**INSTRUCTIONS FOR THE TASK:** Below are records. Copy every line with "Hierarchy" in it.

=== DATASET CONTENT ===

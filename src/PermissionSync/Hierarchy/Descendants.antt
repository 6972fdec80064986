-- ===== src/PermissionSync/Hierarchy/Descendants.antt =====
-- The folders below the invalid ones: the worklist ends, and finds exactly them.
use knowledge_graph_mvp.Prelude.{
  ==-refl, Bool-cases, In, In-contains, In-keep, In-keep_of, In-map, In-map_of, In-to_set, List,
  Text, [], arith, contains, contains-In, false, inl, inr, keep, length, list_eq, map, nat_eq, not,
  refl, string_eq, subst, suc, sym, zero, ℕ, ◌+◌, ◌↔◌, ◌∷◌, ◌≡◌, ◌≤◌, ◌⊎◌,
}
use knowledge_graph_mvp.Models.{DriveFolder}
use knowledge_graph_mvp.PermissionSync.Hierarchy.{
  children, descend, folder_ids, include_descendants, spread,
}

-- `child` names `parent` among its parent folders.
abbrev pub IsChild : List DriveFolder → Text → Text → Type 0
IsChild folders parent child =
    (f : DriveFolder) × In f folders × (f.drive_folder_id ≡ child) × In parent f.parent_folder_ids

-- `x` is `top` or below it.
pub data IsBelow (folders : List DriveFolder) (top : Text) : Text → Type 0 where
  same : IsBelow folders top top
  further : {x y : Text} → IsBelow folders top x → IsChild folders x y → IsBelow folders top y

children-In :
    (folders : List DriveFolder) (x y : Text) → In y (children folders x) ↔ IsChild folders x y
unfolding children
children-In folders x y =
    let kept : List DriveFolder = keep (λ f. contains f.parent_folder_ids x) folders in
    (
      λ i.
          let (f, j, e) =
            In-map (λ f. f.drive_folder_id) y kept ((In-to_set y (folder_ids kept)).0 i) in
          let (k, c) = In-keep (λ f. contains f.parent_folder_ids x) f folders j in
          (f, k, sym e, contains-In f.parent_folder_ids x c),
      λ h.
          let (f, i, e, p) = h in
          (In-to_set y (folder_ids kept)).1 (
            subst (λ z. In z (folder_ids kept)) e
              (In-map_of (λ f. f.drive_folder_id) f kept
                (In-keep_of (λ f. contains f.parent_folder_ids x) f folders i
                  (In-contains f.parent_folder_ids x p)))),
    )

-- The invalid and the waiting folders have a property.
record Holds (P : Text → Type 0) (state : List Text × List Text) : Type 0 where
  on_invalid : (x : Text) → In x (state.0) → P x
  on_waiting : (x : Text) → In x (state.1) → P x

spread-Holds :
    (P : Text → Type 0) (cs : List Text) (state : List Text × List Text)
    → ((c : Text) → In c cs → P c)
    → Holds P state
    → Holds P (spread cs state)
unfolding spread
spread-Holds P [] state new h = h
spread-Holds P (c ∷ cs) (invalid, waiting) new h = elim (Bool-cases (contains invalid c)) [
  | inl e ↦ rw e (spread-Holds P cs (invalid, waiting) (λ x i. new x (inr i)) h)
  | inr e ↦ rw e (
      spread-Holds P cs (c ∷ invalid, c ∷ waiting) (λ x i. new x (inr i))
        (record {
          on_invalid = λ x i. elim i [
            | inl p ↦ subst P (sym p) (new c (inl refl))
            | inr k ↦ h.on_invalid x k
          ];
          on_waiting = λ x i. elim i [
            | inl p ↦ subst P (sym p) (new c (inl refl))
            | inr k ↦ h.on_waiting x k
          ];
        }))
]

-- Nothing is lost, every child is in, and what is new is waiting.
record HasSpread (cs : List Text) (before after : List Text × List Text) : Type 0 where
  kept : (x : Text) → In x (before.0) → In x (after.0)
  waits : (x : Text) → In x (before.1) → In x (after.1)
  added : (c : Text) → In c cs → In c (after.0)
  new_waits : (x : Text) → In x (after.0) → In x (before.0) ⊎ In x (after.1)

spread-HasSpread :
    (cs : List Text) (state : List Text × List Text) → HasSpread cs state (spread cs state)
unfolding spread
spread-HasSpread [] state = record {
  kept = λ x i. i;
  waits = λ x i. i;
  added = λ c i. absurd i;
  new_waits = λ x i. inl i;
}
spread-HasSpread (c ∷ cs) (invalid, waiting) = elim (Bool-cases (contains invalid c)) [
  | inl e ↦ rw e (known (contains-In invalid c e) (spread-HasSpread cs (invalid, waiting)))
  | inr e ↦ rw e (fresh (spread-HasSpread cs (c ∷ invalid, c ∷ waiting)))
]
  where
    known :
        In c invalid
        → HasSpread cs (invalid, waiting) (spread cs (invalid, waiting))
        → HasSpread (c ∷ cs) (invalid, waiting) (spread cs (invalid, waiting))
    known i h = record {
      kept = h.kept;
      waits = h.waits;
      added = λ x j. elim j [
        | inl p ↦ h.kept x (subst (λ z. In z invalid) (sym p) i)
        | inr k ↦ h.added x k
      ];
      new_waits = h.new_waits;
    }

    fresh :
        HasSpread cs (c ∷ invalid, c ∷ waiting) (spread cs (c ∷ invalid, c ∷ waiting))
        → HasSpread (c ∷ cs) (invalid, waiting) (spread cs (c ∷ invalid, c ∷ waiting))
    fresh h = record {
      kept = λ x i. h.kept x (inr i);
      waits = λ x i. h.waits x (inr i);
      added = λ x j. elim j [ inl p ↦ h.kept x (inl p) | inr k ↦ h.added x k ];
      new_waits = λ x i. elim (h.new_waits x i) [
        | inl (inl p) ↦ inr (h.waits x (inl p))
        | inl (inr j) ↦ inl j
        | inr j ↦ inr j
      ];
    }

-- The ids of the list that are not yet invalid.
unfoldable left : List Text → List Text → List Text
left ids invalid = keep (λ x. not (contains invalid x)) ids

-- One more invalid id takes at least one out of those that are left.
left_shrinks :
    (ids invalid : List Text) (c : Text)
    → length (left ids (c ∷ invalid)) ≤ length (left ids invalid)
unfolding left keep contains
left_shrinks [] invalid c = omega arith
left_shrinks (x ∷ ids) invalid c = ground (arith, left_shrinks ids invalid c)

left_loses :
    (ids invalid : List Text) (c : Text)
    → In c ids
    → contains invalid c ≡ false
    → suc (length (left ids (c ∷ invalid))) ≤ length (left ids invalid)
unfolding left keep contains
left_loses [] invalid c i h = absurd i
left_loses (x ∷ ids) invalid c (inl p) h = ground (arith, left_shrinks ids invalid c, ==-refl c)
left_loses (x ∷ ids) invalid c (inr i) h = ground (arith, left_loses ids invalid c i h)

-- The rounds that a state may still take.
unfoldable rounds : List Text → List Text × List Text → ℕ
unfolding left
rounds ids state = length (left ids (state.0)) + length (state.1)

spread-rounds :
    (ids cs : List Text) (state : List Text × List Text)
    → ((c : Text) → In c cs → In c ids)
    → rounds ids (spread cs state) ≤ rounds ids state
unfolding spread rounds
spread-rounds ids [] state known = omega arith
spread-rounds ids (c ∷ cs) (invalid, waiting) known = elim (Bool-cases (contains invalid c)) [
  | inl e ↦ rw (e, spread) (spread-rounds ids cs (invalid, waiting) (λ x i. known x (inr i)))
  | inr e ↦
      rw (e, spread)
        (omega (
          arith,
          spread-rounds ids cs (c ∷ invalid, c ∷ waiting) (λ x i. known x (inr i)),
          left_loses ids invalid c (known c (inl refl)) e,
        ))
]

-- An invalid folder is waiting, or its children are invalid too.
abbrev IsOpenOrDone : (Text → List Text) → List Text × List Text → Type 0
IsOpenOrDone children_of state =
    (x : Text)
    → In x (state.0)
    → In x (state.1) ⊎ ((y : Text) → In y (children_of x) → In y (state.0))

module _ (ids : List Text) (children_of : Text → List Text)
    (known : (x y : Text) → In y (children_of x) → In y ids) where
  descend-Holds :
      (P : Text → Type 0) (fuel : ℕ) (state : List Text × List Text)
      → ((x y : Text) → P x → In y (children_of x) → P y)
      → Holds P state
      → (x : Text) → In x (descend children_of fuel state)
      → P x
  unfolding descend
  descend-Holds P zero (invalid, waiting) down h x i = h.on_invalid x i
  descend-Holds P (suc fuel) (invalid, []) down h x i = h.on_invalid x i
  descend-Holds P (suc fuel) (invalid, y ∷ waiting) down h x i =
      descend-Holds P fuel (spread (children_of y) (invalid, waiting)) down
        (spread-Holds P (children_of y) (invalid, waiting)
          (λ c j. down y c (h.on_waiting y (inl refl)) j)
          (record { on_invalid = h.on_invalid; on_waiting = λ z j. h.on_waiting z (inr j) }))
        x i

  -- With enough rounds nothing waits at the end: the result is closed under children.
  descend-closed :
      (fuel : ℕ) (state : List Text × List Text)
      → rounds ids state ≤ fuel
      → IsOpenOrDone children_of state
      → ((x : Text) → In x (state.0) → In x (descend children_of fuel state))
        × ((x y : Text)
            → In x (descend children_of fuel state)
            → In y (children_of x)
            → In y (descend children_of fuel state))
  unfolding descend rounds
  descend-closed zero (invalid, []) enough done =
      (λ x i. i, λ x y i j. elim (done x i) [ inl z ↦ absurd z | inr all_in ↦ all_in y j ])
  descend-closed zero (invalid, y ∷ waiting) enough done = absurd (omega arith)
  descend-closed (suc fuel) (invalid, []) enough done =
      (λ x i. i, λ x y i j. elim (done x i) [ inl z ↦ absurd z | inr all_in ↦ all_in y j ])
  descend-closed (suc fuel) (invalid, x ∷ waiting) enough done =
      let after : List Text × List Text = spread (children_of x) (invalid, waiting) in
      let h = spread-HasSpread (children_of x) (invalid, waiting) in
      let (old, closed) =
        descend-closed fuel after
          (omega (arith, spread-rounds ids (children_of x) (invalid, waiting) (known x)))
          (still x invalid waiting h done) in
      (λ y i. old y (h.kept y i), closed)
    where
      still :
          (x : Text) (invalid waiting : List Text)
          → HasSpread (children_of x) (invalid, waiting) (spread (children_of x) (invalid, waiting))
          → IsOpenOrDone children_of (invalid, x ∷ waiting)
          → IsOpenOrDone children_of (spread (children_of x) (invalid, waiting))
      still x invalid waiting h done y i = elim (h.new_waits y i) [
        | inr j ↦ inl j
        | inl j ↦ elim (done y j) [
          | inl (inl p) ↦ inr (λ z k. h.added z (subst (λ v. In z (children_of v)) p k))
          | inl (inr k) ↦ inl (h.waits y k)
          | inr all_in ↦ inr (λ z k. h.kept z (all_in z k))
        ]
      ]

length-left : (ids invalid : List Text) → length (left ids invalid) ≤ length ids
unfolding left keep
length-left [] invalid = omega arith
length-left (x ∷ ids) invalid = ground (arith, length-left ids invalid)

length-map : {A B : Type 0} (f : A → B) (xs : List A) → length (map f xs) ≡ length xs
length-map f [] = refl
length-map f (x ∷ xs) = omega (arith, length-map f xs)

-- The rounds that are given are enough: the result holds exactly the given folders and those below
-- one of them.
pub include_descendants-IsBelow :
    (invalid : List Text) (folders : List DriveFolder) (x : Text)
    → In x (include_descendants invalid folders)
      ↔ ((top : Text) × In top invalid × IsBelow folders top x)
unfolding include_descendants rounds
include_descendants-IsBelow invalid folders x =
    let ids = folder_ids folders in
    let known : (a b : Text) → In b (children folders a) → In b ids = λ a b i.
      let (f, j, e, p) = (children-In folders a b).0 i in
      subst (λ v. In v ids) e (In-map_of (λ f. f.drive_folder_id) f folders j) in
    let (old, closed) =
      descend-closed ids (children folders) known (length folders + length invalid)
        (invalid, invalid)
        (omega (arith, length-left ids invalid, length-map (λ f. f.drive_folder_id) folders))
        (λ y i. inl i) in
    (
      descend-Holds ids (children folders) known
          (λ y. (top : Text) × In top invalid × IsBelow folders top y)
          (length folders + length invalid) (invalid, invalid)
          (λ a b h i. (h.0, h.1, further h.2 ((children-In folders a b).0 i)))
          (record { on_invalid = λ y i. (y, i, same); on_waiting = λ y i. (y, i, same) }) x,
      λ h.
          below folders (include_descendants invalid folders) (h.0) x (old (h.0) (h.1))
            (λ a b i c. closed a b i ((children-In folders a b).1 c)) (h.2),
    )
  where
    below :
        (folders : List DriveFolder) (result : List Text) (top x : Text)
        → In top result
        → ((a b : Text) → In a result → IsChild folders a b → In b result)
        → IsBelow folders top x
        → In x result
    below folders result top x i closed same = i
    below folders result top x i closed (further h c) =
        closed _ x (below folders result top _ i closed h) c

===

**RESULT BELOW:**
filename src/PermissionSync/Hierarchy/Descendants.antt
-- ===== src/PermissionSync/Hierarchy/Descendants.antt =====
use knowledge_graph_mvp.PermissionSync.Hierarchy.{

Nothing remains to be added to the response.